12V auxiliary battery and first module installed...


----------



## davidmillin (Dec 14, 2013)

Well today is the day I got my official EV grin on. After staying up late last night finishing my battery pack today I installed it ran the remaining cables and just before it got dark I took it for a quick spin. Top speed unknown along with a hundred other bits and pieces that need doing the speedo cable needs to be reinstalled. Actually I started off very disappointed when I went to give it a test run I rolled down to a clear space down the driveway and went to drive off I heard the contactor engage and then nothing. then followed about a quarter of an hour of checking connections and head scratching before I realized all I needed to do was press the accelerator a little further beyond where the contactors engage and the motor would start up. Anyway I'm feeling pretty chuffed after all the effort of designing, finding components and putting it all together to have a functional EV. but still have a lot of things that need to be done before certification.


----------



## dougingraham (Jul 26, 2011)

Grats on your first drive David.

On mine I took it for a drive and washed it and did the clay bar thing on about half of it and waxed that half. I also looked at the car wiring diagrams in an attempt to find yet again a wire in the original loom that has eluded me.


----------



## dougingraham (Jul 26, 2011)

I was able to locate the connection to the ACC position of the key switch I have been searching for. For some reason the air con control logic fuse was on the ACC position of the key switch. Now I can repurpose that fuse. It will be used to close the main contactor. Up to this point I have been depending on the contactors in the Soliton 1 so this becomes the emergency off for the car in the unlikely case where the motor controller fails on. The plan is to get that hooked up today.


----------



## onegreenev (May 18, 2012)

Doug,
If you turn off your key to the acc position to simulate an emergency shut down will it lock up your steering column?


----------



## dougingraham (Jul 26, 2011)

onegreenev said:


> Doug,
> If you turn off your key to the acc position to simulate an emergency shut down will it lock up your steering column?
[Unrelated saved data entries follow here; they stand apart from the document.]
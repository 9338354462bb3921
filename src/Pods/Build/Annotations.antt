-- ===== src/Pods/Build/Annotations.antt =====
-- What BuildPod writes on a pod: its ranks, its task, its node, its name.
use mathlib.Core.Option
use di_orchestrator.Base.{
  ℕ, zero, suc, ◌<◌, ◌≡◌, refl, sym, ◌∙◌, ◌⊎◌, Bool-cases, Option-cases, inl, inr, true, Option,
  none, some, List, [], ◌∷◌, arith, length, get_elem?, if◌then◌else◌,
}
use di_orchestrator.Text.{Text, text_eq, itoa}
use di_orchestrator.Dict.{lookup, insert, insert_all, text_at}
use di_orchestrator.Kube.{Pod}
use di_orchestrator.Job.{
  DiJob, Task, annotation_replicas, annotation_rank, annotation_node, annotation_task_rank,
  label_task_name, label_task_type, label_job, label_operator,
}
use di_orchestrator.Machine.{Settings}
use di_orchestrator.Utils.Names.{replica_name}
use di_orchestrator.Utils.Spec.{
  gen_labels, add_labels_to_pod, add_annotations_to_pod, add_envs_to_pod,
}
use di_orchestrator.Pods.Build.{out_of_range, node, node_for, pod_on, build_pod, total_replicas}

-- The node that a pod of this rank is to run on, if any: it has one for a preemptible job alone.
abbrev pub assigned_node : DiJob → List Text → ℕ → Text
assigned_node job allocation rank =
    if job.spec.preemptible then Option.get_or (get_elem? allocation rank) [] else []

-- The marks of a pod, for a job, the node that the allocation gives, a task and two ranks; the pod is
-- assigned to that node, unless its name is empty.
pub record IsBuilt (job : DiJob) (allocation : List Text) (rank : ℕ) (task : Task) (local_rank : ℕ)
    (pod : Pod) : Type 0 where
  pub name_is : pod.name ≡ replica_name job.name task.name local_rank
  pub namespace_is : pod.namespace ≡ job.namespace
  pub owner_is : pod.owner ≡ some job.name
  pub job_label_is : lookup label_job pod.labels ≡ lookup label_job (gen_labels job)
  pub operator_label_is : lookup label_operator pod.labels ≡ lookup label_operator (gen_labels job)
  pub new : pod.deletion_timestamp ≡ none
  pub rank_is : text_at annotation_rank pod.annotations ≡ itoa rank
  pub replicas_is :
      text_at annotation_replicas pod.annotations ≡ itoa (total_replicas job.spec.tasks)
  pub task_rank_is : text_at annotation_task_rank pod.annotations ≡ itoa local_rank
  pub task_name_is : text_at label_task_name pod.labels ≡ task.name
  pub task_type_is : text_at label_task_type pod.labels ≡ task.type
  pub node_is : text_at annotation_node pod.annotations ≡ assigned_node job allocation rank
  pub runs_on :
      (assigned_node job allocation rank ≡ [])
      ⊎ (pod.spec.node_name ≡ assigned_node job allocation rank)

pod_on-marks :
    (settings : Settings) (job : DiJob) (rank : ℕ) (assigned : Option Text) (task : Task)
    (local_rank : ℕ)
    → let pod = pod_on settings job rank assigned task local_rank in
      (pod.name ≡ replica_name job.name task.name local_rank)
      × (pod.deletion_timestamp ≡ none)
      × (text_at annotation_rank pod.annotations ≡ itoa rank)
      × (text_at annotation_replicas pod.annotations ≡ itoa (total_replicas job.spec.tasks))
      × (text_at annotation_task_rank pod.annotations ≡ itoa local_rank)
      × (text_at label_task_name pod.labels ≡ task.name)
      × (text_at label_task_type pod.labels ≡ task.type)
      × (text_at annotation_node pod.annotations ≡ Option.get_or assigned [])
      × (pod.namespace ≡ job.namespace)
      × (pod.owner ≡ some job.name)
      × (lookup label_job pod.labels ≡ lookup label_job (gen_labels job))
      × (lookup label_operator pod.labels ≡ lookup label_operator (gen_labels job))
      × (pod.spec.node_name ≡ Option.get_or assigned task.template.node_name)
unfolding pod_on insert_all insert lookup text_eq gen_labels add_labels_to_pod
    add_annotations_to_pod add_envs_to_pod
pod_on-marks settings job rank assigned task local_rank =
    (refl, refl, refl, refl, refl, refl, refl, refl, refl, refl, refl, refl, refl)

pod_on-IsBuilt :
    (settings : Settings) (job : DiJob) (allocation : List Text) (rank : ℕ) (assigned : Option Text)
    (task : Task) (local_rank : ℕ)
    → Option.get_or assigned [] ≡ assigned_node job allocation rank
    → IsBuilt job allocation rank task local_rank
        (pod_on settings job rank assigned task local_rank)
pod_on-IsBuilt settings job allocation rank assigned task local_rank at =
    let m = pod_on-marks settings job rank assigned task local_rank in
    record {
      name_is = m.0;
      new = m.1;
      rank_is = m.2;
      replicas_is = m.3;
      task_rank_is = m.4;
      task_name_is = m.5;
      task_type_is = m.6;
      node_is = m.7 ∙ at;
      namespace_is = m.8;
      owner_is = m.9;
      job_label_is = m.10;
      operator_label_is = m.11;
      runs_on = placed assigned (m.12) at;
    }
  where
    placed :
        (o : Option Text) {n : Text}
        → n ≡ Option.get_or o task.template.node_name
        → Option.get_or o [] ≡ assigned_node job allocation rank
        → (assigned_node job allocation rank ≡ []) ⊎ (n ≡ assigned_node job allocation rank)
    placed none e f = inl (sym f)
    placed (some name) e f = inr (e ∙ f)

get_elem?-length :
    {A : Type 0} (xs : List A) (i : ℕ) → i < length xs → (a : A) × (get_elem? xs i ≡ some a)
get_elem?-length [] i h = elim h [ ]
get_elem?-length (x ∷ xs) zero h = (x, refl)
get_elem?-length (x ∷ xs) (suc i) h = get_elem?-length xs i (omega arith)

get_elem?-end : {A : Type 0} (xs : List A) → get_elem? xs (length xs) ≡ none
get_elem?-end [] = refl
get_elem?-end (x ∷ xs) = get_elem?-end xs

node_for_end :
    (allocation : List Text) → node_for true allocation (length allocation) ≡ out_of_range
unfolding node_for
node_for_end allocation = rw (get_elem?-end allocation) (ground arith)

node_for_assigned :
    (allocation : List Text) (rank : ℕ) (name : Text)
    → rank < length allocation
    → get_elem? allocation rank ≡ some name
    → node_for true allocation rank ≡ node name
unfolding node_for
node_for_assigned allocation rank name h e = rw e (ground arith)

-- A preemptible job has no pod for the rank that equals the length of its allocation: BuildPod
-- reads the allocation one past its end.
pub build_pod_past_end :
    (settings : Settings) (job : DiJob) (allocation : List Text) (task_num local_rank : ℕ)
    → job.spec.preemptible ≡ true
    → build_pod settings job (length allocation) allocation task_num local_rank ≡ none
unfolding build_pod
build_pod_past_end settings job allocation task_num local_rank h =
    elim (Option-cases (get_elem? job.spec.tasks task_num)) [
      | inl missing ↦ rw missing
      | inr (task, e) ↦ rw (e, h, node_for_end allocation)
    ]

-- For a job that is not preemptible, or a rank below the length of the allocation, BuildPod builds
-- the pod of a task of the job, in the job's namespace, owned by the job and with its two labels; its
-- name, labels and annotations name the task, both ranks, the number of all replicas and the node
-- that the allocation assigns to the rank.
pub build_pod-IsBuilt :
    (settings : Settings) (job : DiJob) (rank : ℕ) (allocation : List Text)
    (task_num local_rank : ℕ) (task : Task)
    → get_elem? job.spec.tasks task_num ≡ some task
    → (job.spec.preemptible ≡ true → rank < length allocation)
    → (pod : Pod) × (build_pod settings job rank allocation task_num local_rank ≡ some pod)
      × IsBuilt job allocation rank task local_rank pod
unfolding build_pod
build_pod-IsBuilt settings job rank allocation task_num local_rank task e fits =
    elim (Bool-cases job.spec.preemptible) [
      | inl preemptible ↦
          let (name, at) = get_elem?-length allocation rank (fits preemptible) in
          (
            pod_on settings job rank (some name) task local_rank,
            rw (e, preemptible, node_for_assigned allocation rank name (fits preemptible) at),
            pod_on-IsBuilt settings job allocation rank (some name) task local_rank
                (rw (preemptible, at) refl),
          )
      | inr fixed ↦ (
        pod_on settings job rank none task local_rank,
        rw (e, fixed) (unfold node_for in refl),
        pod_on-IsBuilt settings job allocation rank none task local_rank (rw fixed refl),
      )
    ]

-- The node that a built pod is marked with is the allocation's.
pub node_is_assigned :
    (job : DiJob) (allocation : List Text) (rank : ℕ) (task : Task) (local_rank : ℕ) (pod : Pod)
    → IsBuilt job allocation rank task local_rank pod
    → job.spec.preemptible ≡ true
    → rank < length allocation
    → get_elem? allocation rank ≡ some (text_at annotation_node pod.annotations)
node_is_assigned job allocation rank task local_rank pod b p lt =
    let (name, at) = get_elem?-length allocation rank lt in rw (b.node_is, p, at) refl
Only if you take the key out would that be an issue. I am pretty sure all cars with locking steering columns are required to not lock up until the key is removed. (GM would have fixed their problem a lot sooner if this was not the case.) I don't ever expect this to be necessary. When you step on the brake the Soliton removes power from the motor. If it detects an internal fault it opens its internal contactor which removes the power to the motor. When I turn the key off of the run position now it removes 12 V from the Soliton and it would open its internal contactor. And finally when I turn the key off the main contactor opens and the battery negative is disconnected. I have a manual disconnect under the hood that disconnects the positive battery terminal as a maint switch. At some point I will add an inertia switch to open this contactor as well.


----------



## elevatorguy (Jul 26, 2007)

Doug, Don't you run an emergency pack disconnect? I don't have faith in contactors to break the connection under full load.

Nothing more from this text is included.